Poznań Appellate Court judgment
dated 26 October 2005
Case No. I ACa 172/05
Summary by arbitraz.laszczuk.pl:
The claimant filed a claim with an ad hoc arbitration court in Lublin in 2003 seeking an order to require the respondent to assume the claimant’s rights and responsibilities under an agreement with an American company for exclusive importation and distribution of a Polish vodka brand in the United States.
In 1996 the claimant had entered into an agreement with an American importer for exclusive rights to the vodka in the US. The agreement provided that in the event of termination of the agreement the claimant was required to reimburse the distributor for its expenditures on marketing of the vodka in the US for the last five years.
In 1999 an agreement was enter into among 25 Polish distilleries, dividing up vodka brands that had previously been produced nationwide by different members of the state-owned Polmos distillery group. Under the 1999 agreement, the Ministry of Treasury conducted an auction for nationwide vodka brands among the various Polmos units, and the rights to the vodka brand in question were won by the respondent. The various Polmos units were given one year to assure that the winner of the auction for each brand received full rights to the brand. The claimant thus assigned its export rights to the respondent, and from then on the respondent exported the brand to the US. However, the respondent refused to assume the claimant’s rights and obligations under the 1996 import agreement because it objected to the clause under which it would have to reimburse the American company for its marketing expenses. (The American company had consented to the respondent’s assumption of its agreement with the claimant. In a separate proceeding against the claimant before the Court of Arbitration at the Polish Chamber of Commerce, the US company had won an award of about PLN 24 million for reimbursement of its marketing expenses.)
The ad hoc arbitration court granted the relief sought, ordering the respondent to assume the claimant’s rights and responsibilities under the 1996 agreement with the American distributor.
The respondent filed a motion with the Zielona Góra Regional Court to set aside the award. The regional court set aside the award as contrary to public policy, holding that the 1999 agreement on division of the nationwide Polmos brands required the respondent only to make its best efforts to assume the claimant’s export obligations, but did not require the respondent to enter into any specific agreement with a third party. The appellate court affirmed.

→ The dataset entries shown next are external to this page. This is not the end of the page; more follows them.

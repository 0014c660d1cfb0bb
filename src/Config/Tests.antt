-- ===== src/Config/Tests.antt =====
-- The theorem about configuration files at a concrete file.
use easter_egg.Common.{ℕ, ◌≡◌, arith, some, [], ◌∷◌, map, List}
use easter_egg.Config.{LdProcess, read_config}
use easter_egg.Config.RoundTrip.{Entry, print_config, configured, read_config-print}

abbrev entries : List Entry
entries = (0, 112 ∷ 48 ∷ [], 130) ∷ (4, 112 ∷ 49 ∷ [], 139) ∷ []

abbrev raw : ℕ → LdProcess
raw i = record { start_time = i; path = []; prio = 7 }

read_config-print_example :
    read_config raw (some (print_config 2 4 (1048576, 16777216, 0, 0, 0) entries))
    ≡ some (record {
      time_slot = 2;
      num_cpus = 4;
      num_processes = 2;
      sizes = 1048576 ∷ 16777216 ∷ 0 ∷ 0 ∷ 0 ∷ [];
      processes = map configured entries;
    })
read_config-print_example =
    read_config-print raw 2 4 1048576 16777216 0 0 0 entries (omega arith, (omega arith, tt))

Excerpt from the text of the court’s ruling:
An arbitration award issued in violation of Civil Code Art. 64 and 65 §§ 1 and 2 infringes the rule of law because it forces the defendant to conclude a specific, unfavourable contract even though there is no duty to conclude such contract either under provisions of law or under the obligations undertaken by the defendant. This is a violation of the principle of commercial freedom, manifest among other things in the freedom to establish the terms of agreements and in the freedom to choose commercial partners.